Repeat the listing in full, exactly as it stands.
MATERIAL PROVIDED Block Start
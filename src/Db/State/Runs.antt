-- ===== src/Db/State/Runs.antt =====
-- Runs of internal/db on a small state: a write that fills the memtable, a flush and a snapshot.
use mathlib.Core.Option.{some-injective}
use hypha_db.Base.{
  ℕ, ◌<◌, ◌≡◌, inl, inr, refl, subst, true, false, ◌&&◌, Bool-cases, Option, none, some, List, [],
  ◌∷◌, leb, if◌then◌else◌, arith, ok, err, ok-injective,
}
use hypha_db.Base.Text.{Text, text_eq}
use hypha_db.Record.{Record, batch_none}
use hypha_db.Skiplist.{new_list, new_with_max_level}
use hypha_db.Memtable.{new}
use hypha_db.Db.State.Batch.{apply_batch}
use hypha_db.Db.Batches.{BatchOperation, validate_key, validate_value}
use hypha_db.Db.Reads.{Lookup, not_found}
use hypha_db.Db.State.{
  Database, Outside, read_at, put, delete, new_snapshot, current_sequence, log_record, memtable_put,
  rotate_memtable, seal_memtable, start_memtable, signal_flush, begin_flush,
}
use hypha_db.Db.State.{put_one}
use hypha_db.Db.State.Steps.{
  Steps, put_called, delete_called, flush_began, batch_applied, snapshot_taken, no_step, step_then,
}
use hypha_db.Db.State.Valid.{IsDatabase, AnswersBelow, fresh-IsMemtable, fresh_finds_none}
use hypha_db.Db.State.Kept.{Steps-IsDatabase}
use hypha_db.Db.State.Stable.{new_snapshot-read_at}
use hypha_db.Db.State.Written.{put-read_at, delete-read_at}

abbrev key : Text
key = 97 ∷ []

abbrev stored : Record
stored = record {
  key = key;
  seq = 4;
  value = 1 ∷ [];
  deleted = false;
  batch_id = 0;
  batch_kind = batch_none;
}

-- Errors are numbers here.
abbrev table : Lookup ℕ
table name seq = ok (if text_eq stored.key name && leb stored.seq seq then some stored else none)

abbrev database : Database ℕ
database = record {
  memtables = λ i. new_list 15;
  allocated = 1;
  memtable = 0;
  immutables = [];
  memtable_size = 0;
  max_memtable_size = 1;
  tables = table ∷ [];
  wal_id = 2;
  next_wal_segment_id = 2;
  next_table_id = 1;
  next_seq = 5;
  limits = record {
    max_key_bytes = 4;
    max_value_bytes = 8;
    max_batch_operations = 2;
    max_batch_bytes = 16;
  };
  active_readers = [];
  flush_signalled = false;
  closed = false;
}

stored_below : (r : Record) → ◌≡◌ {A = Option Record} (some stored) (some r) → r.seq < 5
stored_below r same = subst (λ (x : Record). x.seq < 5) (some-injective _ _ same) (omega arith)

table-AnswersBelow : AnswersBelow 5 table
table-AnswersBelow name seq r e =
    elim (Bool-cases (text_eq stored.key name && leb stored.seq seq)) [
      | inl seen ↦
          let e' = rw seen at e in
          let same : ◌≡◌ {A = Option Record} (some stored) (some r) = ok-injective e' in
          stored_below r same
      | inr unseen ↦
          let e' = rw unseen at e in
          let nothing : ◌≡◌ {A = Option Record} none (some r) = ok-injective e' in
          absurd (cc nothing)
    ]

database-IsDatabase : IsDatabase database
database-IsDatabase = record {
  lists = λ i. fresh-IsMemtable;
  active = omega arith;
  sealed = tt;
  older = λ i name seq r e. absurd (cc (fresh_finds_none name seq, e));
  older_tables = (table-AnswersBelow, tt);
}

-- All calls of the log succeed, and the new node has two levels.
abbrev outside : Outside ℕ
outside = record { write = ok tt; open_segment = ok tt; close_segment = ok tt; new_level = 2 }

put-read_at_example : read_at key 9 (put outside key (7 ∷ []) database).1 ≡ ok (7 ∷ [])
put-read_at_example =
    put-read_at outside key (7 ∷ []) 9 database database-IsDatabase (omega arith) (omega arith)
      (omega arith) refl (omega arith) (omega arith) refl (omega arith) ((_, refl), tt)

delete-read_at_example : read_at key 9 (delete outside key database).1 ≡ err not_found
delete-read_at_example =
    delete-read_at outside key 9 database database-IsDatabase (omega arith) (omega arith)
      (omega arith) refl (omega arith) refl (omega arith) ((_, refl), tt)

abbrev opened : Database ℕ
opened = (new_snapshot database).1

abbrev written : Database ℕ
written = (put outside key (7 ∷ []) opened).1

abbrev operations : List BatchOperation
operations =
    record { key = key; value = 8 ∷ []; deleted = false }
    ∷ record { key = 98 ∷ []; value = []; deleted = true }
    ∷ []

abbrev levels : ℕ → ℕ
levels i = 1

abbrev tombstoned : Database ℕ
tombstoned = (delete outside key written).1

abbrev later : Database ℕ
later = (begin_flush (apply_batch outside levels operations tombstoned).1).1

written_next_seq : written.next_seq ≡ 6
unfolding new_snapshot put log_record memtable_put put_one rotate_memtable seal_memtable
    start_memtable signal_flush validate_key validate_value new new_with_max_level
written_next_seq = refl

tombstoned_next_seq : tombstoned.next_seq ≡ 7
unfolding new_snapshot put delete log_record memtable_put put_one rotate_memtable seal_memtable
    start_memtable signal_flush validate_key validate_value new new_with_max_level
tombstoned_next_seq = refl

steps : Steps opened later
unfolding new_snapshot
steps = step_then (put_called outside key (7 ∷ []) (omega arith) (omega arith) (omega arith)) (
    step_then
      (delete_called outside key (omega arith) (omega arith) (omega (arith, written_next_seq)))
      (step_then
        (batch_applied outside levels operations (λ i. (omega arith, omega arith))
          (omega (arith, tombstoned_next_seq)))
        (step_then flush_began (no_step later))))

taken : (new_snapshot database).0 ≡ ok 4
unfolding new_snapshot current_sequence
taken = refl

Steps-IsDatabase_example : IsDatabase later
Steps-IsDatabase_example = Steps-IsDatabase (step_then snapshot_taken steps) database-IsDatabase

new_snapshot-read_at_example : read_at key 4 later ≡ read_at key 4 database
new_snapshot-read_at_example =
    new_snapshot-read_at database later 4 key database-IsDatabase (omega arith) (omega arith) taken
      steps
MATERIAL PROVIDED Block End
§ **REPLY**:
filename src/Db/State/Runs.antt
-- ===== src/Db/State/Runs.antt =====
-- Runs of internal/db on a small state: a write that fills the memtable, a flush and a snapshot.
use mathlib.Core.Option.{some-injective}
use hypha_db.Base.{
  ℕ, ◌<◌, ◌≡◌, inl, inr, refl, subst, true, false, ◌&&◌, Bool-cases, Option, none, some, List, [],
  ◌∷◌, leb, if◌then◌else◌, arith, ok, err, ok-injective,
}
use hypha_db.Base.Text.{Text, text_eq}
use hypha_db.Record.{Record, batch_none}
use hypha_db.Skiplist.{new_list, new_with_max_level}
use hypha_db.Memtable.{new}
use hypha_db.Db.State.Batch.{apply_batch}
use hypha_db.Db.Batches.{BatchOperation, validate_key, validate_value}
use hypha_db.Db.Reads.{Lookup, not_found}
use hypha_db.Db.State.{
  Database, Outside, read_at, put, delete, new_snapshot, current_sequence, log_record, memtable_put,
  rotate_memtable, seal_memtable, start_memtable, signal_flush, begin_flush,
}
use hypha_db.Db.State.{put_one}
use hypha_db.Db.State.Steps.{
  Steps, put_called, delete_called, flush_began, batch_applied, snapshot_taken, no_step, step_then,
}
use hypha_db.Db.State.Valid.{IsDatabase, AnswersBelow, fresh-IsMemtable, fresh_finds_none}
use hypha_db.Db.State.Kept.{Steps-IsDatabase}
use hypha_db.Db.State.Stable.{new_snapshot-read_at}
use hypha_db.Db.State.Written.{put-read_at, delete-read_at}

abbrev key : Text
key = 97 ∷ []

abbrev stored : Record
stored = record {
  key = key;
  seq = 4;
  value = 1 ∷ [];
  deleted = false;
  batch_id = 0;
  batch_kind = batch_none;
}

-- Errors are numbers here.
abbrev table : Lookup ℕ
table name seq = ok (if text_eq stored.key name && leb stored.seq seq then some stored else none)

abbrev database : Database ℕ
database = record {
  memtables = λ i. new_list 15;
  allocated = 1;
  memtable = 0;
  immutables = [];
  memtable_size = 0;
  max_memtable_size = 1;
  tables = table ∷ [];
  wal_id = 2;
  next_wal_segment_id = 2;
  next_table_id = 1;
  next_seq = 5;
  limits = record {
    max_key_bytes = 4;
    max_value_bytes = 8;
    max_batch_operations = 2;
    max_batch_bytes = 16;
  };
  active_readers = [];
  flush_signalled = false;
  closed = false;
}

stored_below : (r : Record) → ◌≡◌ {A = Option Record} (some stored) (some r) → r.seq < 5
stored_below r same = subst (λ (x : Record). x.seq < 5) (some-injective _ _ same) (omega arith)

table-AnswersBelow : AnswersBelow 5 table
table-AnswersBelow name seq r e =
    elim (Bool-cases (text_eq stored.key name && leb stored.seq seq)) [
      | inl seen ↦
          let e' = rw seen at e in
          let same : ◌≡◌ {A = Option Record} (some stored) (some r) = ok-injective e' in
          stored_below r same
      | inr unseen ↦
          let e' = rw unseen at e in
          let nothing : ◌≡◌ {A = Option Record} none (some r) = ok-injective e' in
          absurd (cc nothing)
    ]

database-IsDatabase : IsDatabase database
database-IsDatabase = record {
  lists = λ i. fresh-IsMemtable;
  active = omega arith;
  sealed = tt;
  older = λ i name seq r e. absurd (cc (fresh_finds_none name seq, e));
  older_tables = (table-AnswersBelow, tt);
}

-- All calls of the log succeed, and the new node has two levels.
abbrev outside : Outside ℕ
outside = record { write = ok tt; open_segment = ok tt; close_segment = ok tt; new_level = 2 }

put-read_at_example : read_at key 9 (put outside key (7 ∷ []) database).1 ≡ ok (7 ∷ [])
put-read_at_example =
    put-read_at outside key (7 ∷ []) 9 database database-IsDatabase (omega arith) (omega arith)
      (omega arith) refl (omega arith) (omega arith) refl (omega arith) ((_, refl), tt)

delete-read_at_example : read_at key 9 (delete outside key database).1 ≡ err not_found
delete-read_at_example =
    delete-read_at outside key 9 database database-IsDatabase (omega arith) (omega arith)
      (omega arith) refl (omega arith) refl (omega arith) ((_, refl), tt)

abbrev opened : Database ℕ
opened = (new_snapshot database).1

abbrev written : Database ℕ
written = (put outside key (7 ∷ []) opened).1

abbrev operations : List BatchOperation
operations =
    record { key = key; value = 8 ∷ []; deleted = false }
    ∷ record { key = 98 ∷ []; value = []; deleted = true }
    ∷ []

abbrev levels : ℕ → ℕ
levels i = 1

abbrev tombstoned : Database ℕ
tombstoned = (delete outside key written).1

abbrev later : Database ℕ
later = (begin_flush (apply_batch outside levels operations tombstoned).1).1

written_next_seq : written.next_seq ≡ 6
unfolding new_snapshot put log_record memtable_put put_one rotate_memtable seal_memtable
    start_memtable signal_flush validate_key validate_value new new_with_max_level
written_next_seq = refl

tombstoned_next_seq : tombstoned.next_seq ≡ 7
unfolding new_snapshot put delete log_record memtable_put put_one rotate_memtable seal_memtable
    start_memtable signal_flush validate_key validate_value new new_with_max_level
tombstoned_next_seq = refl

steps : Steps opened later
unfolding new_snapshot
steps = step_then (put_called outside key (7 ∷ []) (omega arith) (omega arith) (omega arith)) (
    step_then
      (delete_called outside key (omega arith) (omega arith) (omega (arith, written_next_seq)))
      (step_then
        (batch_applied outside levels operations (λ i. (omega arith, omega arith))
          (omega (arith, tombstoned_next_seq)))
        (step_then flush_began (no_step later))))

taken : (new_snapshot database).0 ≡ ok 4
unfolding new_snapshot current_sequence
taken = refl

Steps-IsDatabase_example : IsDatabase later
Steps-IsDatabase_example = Steps-IsDatabase (step_then snapshot_taken steps) database-IsDatabase

new_snapshot-read_at_example : read_at key 4 later ≡ read_at key 4 database
new_snapshot-read_at_example =
    new_snapshot-read_at database later 4 key database-IsDatabase (omega arith) (omega arith) taken
      steps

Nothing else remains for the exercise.